DfChange of Basis Matrix

If $B$ and $B'$ are two bases, the change of basis matrix $P$ satisfies:

[\vec{x}]_{B'} = P^{-1}[\vec{x}]_B

📝Example: Change of Basis

Let $B = \{[1,0], [0,1]\}$ (standard) and $B' = \{[1,1], [1,-1]\}$ (new basis).

The change of basis matrix from $B'$ to $B$ is $P = \begin{bmatrix} 1 & 1 \\ 1 & -1 \end{bmatrix}$ .

P^{-1} = \frac{1}{-2}\begin{bmatrix} -1 & -1 \\ -1 & 1 \end{bmatrix} = \begin{bmatrix} 0.5 & 0.5 \\ 0.5 & -0.5 \end{bmatrix}

Eigenvalues and Transformations

Eigenvalues reveal the geometric behavior of a transformation.

ℹ️ Geometric Interpretation

Positive eigenvalue: Stretches along eigenvector direction
Negative eigenvalue: Reflects and stretches
Zero eigenvalue: Collapses that direction
Complex eigenvalue: Rotation component

📝Example: Eigenvalues Tell the Story

$A = \begin{bmatrix} 2 & 0 \\ 0 & 3 \end{bmatrix}$ has eigenvalues 2 and 3.

This transformation stretches the x-axis by 2 and y-axis by 3 — it's a non-uniform scaling.

Affine vs Linear Transformations

DfAffine Transformation

An affine transformation is a linear transformation plus a translation:

T(\vec{x}) = A\vec{x} + \vec{b}

ℹ️ Homogeneous Coordinates

To represent affine transformations as matrix multiplication, use homogeneous coordinates:

\begin{bmatrix} A & \vec{b} \\ \vec{0}^T & 1 \end{bmatrix}\begin{bmatrix} \vec{x} \\ 1 \end{bmatrix} = \begin{bmatrix} A\vec{x} + \vec{b} \\ 1 \end{bmatrix}

This is used in computer graphics and robotics.

Python Implementation

import numpy as np

# Define a linear transformation matrix
A = np.array([[2, 1], [1, -1]])

# Apply transformation
x = np.array([1, 2])
Tx = A @ x  # [4, -1]

# Rotation
theta = np.pi / 4  # 45 degrees
R = np.array([[np.cos(theta), -np.sin(theta)],
              [np.sin(theta), np.cos(theta)]])

# Scale
S = np.array([[2, 0], [0, 0.5]])

# Composition: rotate then scale
M = S @ R

# Kernel (null space)
from scipy.linalg import null_space
kernel = null_space(A)
print(f"Kernel: {kernel.flatten()}")

# Image (column space)
from scipy.linalg import column_space
# Or simply: rank determines dimension
rank = np.linalg.matrix_rank(A)
print(f"Rank: {rank}, Image dimension: {rank}")

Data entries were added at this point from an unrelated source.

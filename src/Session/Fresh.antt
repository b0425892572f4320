-- ===== src/Session/Fresh.antt =====
-- That a renewed session has a new id.
use dce_rust.Base.{
  ℕ, ◌≡◌, ◌≢◌, refl, ap, ◌∙◌, Bool, true, false, Option, none, some, List, [], ◌∷◌, ◌++◌, is_empty,
  arith,
}
use dce_rust.Text.{Str, show_nat}
use dce_rust.Error.{Outcome, ok, err, panics, out_of_fuel}
use dce_rust.Session.Hex.{show_hex, pad}
use dce_rust.Session.Meta.{Meta, gen_id}
use dce_rust.Session.Meta
use dce_rust.Session.Trait.{Ran, ◌>>!◌, apply_filters}
use dce_rust.Session.Trait
use dce_rust.Session.Redis.{Redis, RedisSession, Snapshot, redis_store, load, raw}
use dce_rust.Session.User.{dropped, mapping, loaded}
use dce_rust.Session.User
use dce_rust.Session.Keeping.{
  Holds, dropped-holds, on_redis-Holds, load_or_not-Holds, mapping-Holds,
}

-- The hash of the time and of the random number that are drawn is not what an id starts with.
abbrev pub IsFresh : Outcome (ℕ × ℕ) → ℕ → (Str → Str) → Str → Type 0
IsFresh now random hash id =
    (secs nanos : ℕ) (behind : Str)
    → now ≡ ok (secs, nanos)
    → hash (show_nat nanos ++ b'-' ∷ show_nat random) ++ behind ≢ id

-- What holds of the state that a run leaves, if the run succeeds.
abbrev pub OnOk : {A S : Type 0} → (S → Type 0) → Ran A S → Type 0
OnOk P (ok a, s) = P s
OnOk P (err e, s) = Unit
OnOk P (panics, s) = Unit
OnOk P (out_of_fuel, s) = Unit

pub OnOk-of_holds : {A S : Type 0} (P : S → Type 0) (m : Ran A S) → P m.1 → OnOk P m
OnOk-of_holds P (ok a, s) h = h
OnOk-of_holds P (err e, s) h = tt
OnOk-of_holds P (panics, s) h = tt
OnOk-of_holds P (out_of_fuel, s) h = tt

pub OnOk-and :
    {A S : Type 0} (P Q : S → Type 0) (m : Ran A S) → OnOk P m → Q m.1 → OnOk (λ s. P s × Q s) m
OnOk-and P Q (ok a, s) h k = (h, k)
OnOk-and P Q (err e, s) h k = tt
OnOk-and P Q (panics, s) h k = tt
OnOk-and P Q (out_of_fuel, s) h k = tt

pub >>!-OnOk :
    {A B S : Type 0} (P Q : S → Type 0) (m : Ran A S) (k : A → S → Ran B S)
    → OnOk P m
    → ((a : A) (s : S) → P s → OnOk Q (k a s))
    → OnOk Q (m >>! k)
>>!-OnOk P Q (ok a, s) k h go = go a s h
>>!-OnOk P Q (err e, s) k h go = tt
>>!-OnOk P Q (panics, s) k h go = tt
>>!-OnOk P Q (out_of_fuel, s) k h go = tt

pub gen_id-new :
    (now : Outcome (ℕ × ℕ)) (random : ℕ) (hash : Str → Str) (id : Str)
    → IsFresh now random hash id
    → (ttl stamp : ℕ) (new : Str) → gen_id now random hash ttl ≡ ok (new, stamp)
    → new ≢ id
unfolding gen_id
gen_id-new (ok (secs, nanos)) random hash id fresh ttl stamp new e same =
    let sid_in = λ (o : Outcome (Str × ℕ)). elim o as (λ _. Str) [
      | ok p ↦ p.0
      | err x ↦ []
      | panics ↦ []
      | out_of_fuel ↦ []
    ] in
    fresh secs nanos (pad 4 (show_hex ttl) ++ show_hex secs) refl (ap sid_in e ∙ same)
gen_id-new (err x) random hash id fresh ttl stamp new e same = absurd (ground arith)
gen_id-new panics random hash id fresh ttl stamp new e same = absurd (ground arith)
gen_id-new out_of_fuel random hash id fresh ttl stamp new e same = absurd (ground arith)

-- A meta that is renewed has a new id.
pub renew_none-new :
    (now : Outcome (ℕ × ℕ)) (random : ℕ) (hash : Str → Str) (id : Str)
    → IsFresh now random hash id
    → (m : Meta) → OnOk (λ (n : Meta). n.sid ≢ id) (Meta.renew now random hash none m)
unfolding Meta.renew
renew_none-new now random hash id fresh m =
    by_id (gen_id now random hash m.ttl_minutes) (gen_id-new now random hash id fresh m.ttl_minutes)
  where
    by_id :
        (o : Outcome (Str × ℕ))
        → ((stamp : ℕ) (new : Str) → o ≡ ok (new, stamp) → new ≢ id)
        → OnOk
            (λ (n : Meta). n.sid ≢ id)
            (elim o as (λ _. Ran (Unit {0}) Meta) [
              | ok (sid, stamp) ↦
                  (ok tt, record m { touches = none; create_stamp = stamp; sid = sid })
              | err e ↦ (err e, record m { touches = none })
              | panics ↦ (panics, record m { touches = none })
              | out_of_fuel ↦ (out_of_fuel, record m { touches = none })
            ])
    by_id (ok (new, stamp)) made = made stamp new refl
    by_id (err e) made = tt
    by_id panics made = tt
    by_id out_of_fuel made = tt

-- A property that holds before the meta of a session is renewed, and one that holds from then on.
module _ {R U : Type 0} (P Q : Meta → Option (Snapshot U) → Type 0) (commands : Redis R)
    (noted : (m : Meta) (c : Option (Snapshot U)) (b : Bool)
      → Q m c
      → Q (record m { touches = some b }) c)
    (uid_of : U → ℕ) (from_json : Str → Outcome U) (to_json : U → Outcome Str)
    (now : Outcome (ℕ × ℕ)) (random : ℕ) (hash : Str → Str)
    (renewing : (m : Meta) (c : Option (Snapshot U))
      → P m c
      → OnOk (λ n. Q n c) (Meta.renew now random hash none m)) where
  meta-OnOk :
      (r : Ran (Unit {0}) Meta) (s : RedisSession R U)
      → OnOk (λ n. Q n s.cloned) r
      → OnOk (Holds Q) (r.0, record s { meta = r.1 })
  meta-OnOk (ok u, m) s h = h
  meta-OnOk (err e, m) s h = tt
  meta-OnOk (panics, m) s h = tt
  meta-OnOk (out_of_fuel, m) s h = tt

  trait_renew-OnOk :
      (filters : List (Str × Option Str)) (s : RedisSession R U)
      → Holds P s
      → OnOk (Holds Q) (Trait.renew (redis_store commands) now random hash filters s)
  unfolding Trait.renew Trait.renew_meta redis_store
  trait_renew-OnOk filters s h =
      let rest = λ (filtered : List (Str × Str)) (renewed : RedisSession R U).
        elim (is_empty filtered) as (λ _. Ran Bool (RedisSession R U)) [
          | true ↦ (ok true, renewed)
          | false ↦
              load commands filtered renewed
              >>! (λ _ loaded. Trait.try_touch (redis_store commands) loaded)
        ] in
      let store : Trait.Session (RedisSession R U) = redis_store commands in
      >>!-OnOk (Holds P) (Holds Q) (raw commands s)
        (λ found t.
          Trait.renew_meta store now random hash none t
          >>! (λ _ renewed. rest (apply_filters filters found) renewed))
        (OnOk-of_holds (Holds P) (raw commands s) (on_redis-Holds P _ s h))
        (λ found t g.
          >>!-OnOk (Holds Q) (Holds Q) (Trait.renew_meta store now random hash none t)
            (λ _ renewed. rest (apply_filters filters found) renewed)
            (meta-OnOk (Meta.renew now random hash none t.meta) t (renewing t.meta t.cloned g))
            (λ _ renewed k. OnOk-of_holds (Holds Q) (rest (apply_filters filters found) renewed) (
              load_or_not-Holds Q commands noted (apply_filters filters found)
                (is_empty (apply_filters filters found)) renewed k)))

  pub renew-OnOk :
      (filters : List (Str × Option Str)) (s : RedisSession R U)
      → Holds P s
      → OnOk (Holds Q) (User.renew commands uid_of from_json to_json now random hash filters s)
  unfolding User.renew
  renew-OnOk filters s h =
      >>!-OnOk (Holds Q) (Holds Q) (Trait.renew (redis_store commands) now random hash filters s)
        (λ result t.
          dropped (
            mapping commands uid_of from_json to_json
              (loaded commands uid_of from_json to_json false t))
          >>! (λ _ u. (ok result, u)))
        (trait_renew-OnOk filters s h)
        (λ result t g.
          let unloaded = loaded commands uid_of from_json to_json false t in
          let mapped = dropped (mapping commands uid_of from_json to_json unloaded) in
          >>!-OnOk (Holds Q) (Holds Q) mapped (λ _ u. (ok result, u))
            (OnOk-of_holds (Holds Q) mapped (
              dropped-holds (Holds Q) (mapping commands uid_of from_json to_json unloaded)
                (mapping-Holds Q commands uid_of from_json to_json unloaded g)))
            (λ _ u k. k))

# Verify linearity: T(u + v) = T(u) + T(v)
u, v = np.array([1, 0]), np.array([0, 1])
lhs = A @ (u + v)
rhs = A @ u + A @ v
print(f"T(u+v) = T(u)+T(v): {np.allclose(lhs, rhs)}")

# Verify: T(cu) = cT(u)
c = 3
lhs = A @ (c * u)
rhs = c * (A @ u)
print(f"T(cu) = cT(u): {np.allclose(lhs, rhs)}")

Applications in AI/ML

Application	Transformation	How It's Used
Neural Network Layer	$W\vec{x} + \vec{b}$	Linear + bias, then activation
Data Augmentation	Rotation, flip, crop	Increases training data diversity
Attention Mechanism	$QK^T$ projection	Projects query-key similarity
PCA	Projection onto principal components	Dimensionality reduction
Word Embeddings	Linear map from vocabulary to semantic space	Maps one-hot to dense vectors
Computer Graphics	Rotation, scaling, projection	Rendering 3D scenes

💡 Deep Learning Insight

A deep network is a composition of transformations: $T = T_L \circ T_{L-1} \circ \cdots \circ T_1$ . Each $T_i(\vec{x}) = \sigma(W_i \vec{x} + \vec{b}_i)$ . Without the non-linearity $\sigma$ , the entire network collapses to a single linear transformation $T(\vec{x}) = W\vec{x}$ — no matter how many layers!

Common Mistakes

Mistake	Why It's Wrong	Correct Approach
Assuming order doesn't matter	$AB \neq BA$ generally	Always specify transformation order
Forgetting non-linearity	Stack of linear transforms = one linear transform	Add activation between layers
Confusing kernel with image	Kernel = inputs→0, Image = all outputs	Use Rank-Nullity to relate them
Assuming determinant ≠ 0 means invertible over any field	True for ℝ but not always	Check rank for robustness
Using wrong basis for matrix	Matrix depends on basis	Use change-of-basis when switching

Interview Questions

Q1: What's the kernel of a transformation and why does it matter? A: The kernel (null space) is the set of inputs mapping to zero. Its dimension tells you how much information is lost. In neural networks, a large kernel means many inputs produce the same output — bad for discrimination.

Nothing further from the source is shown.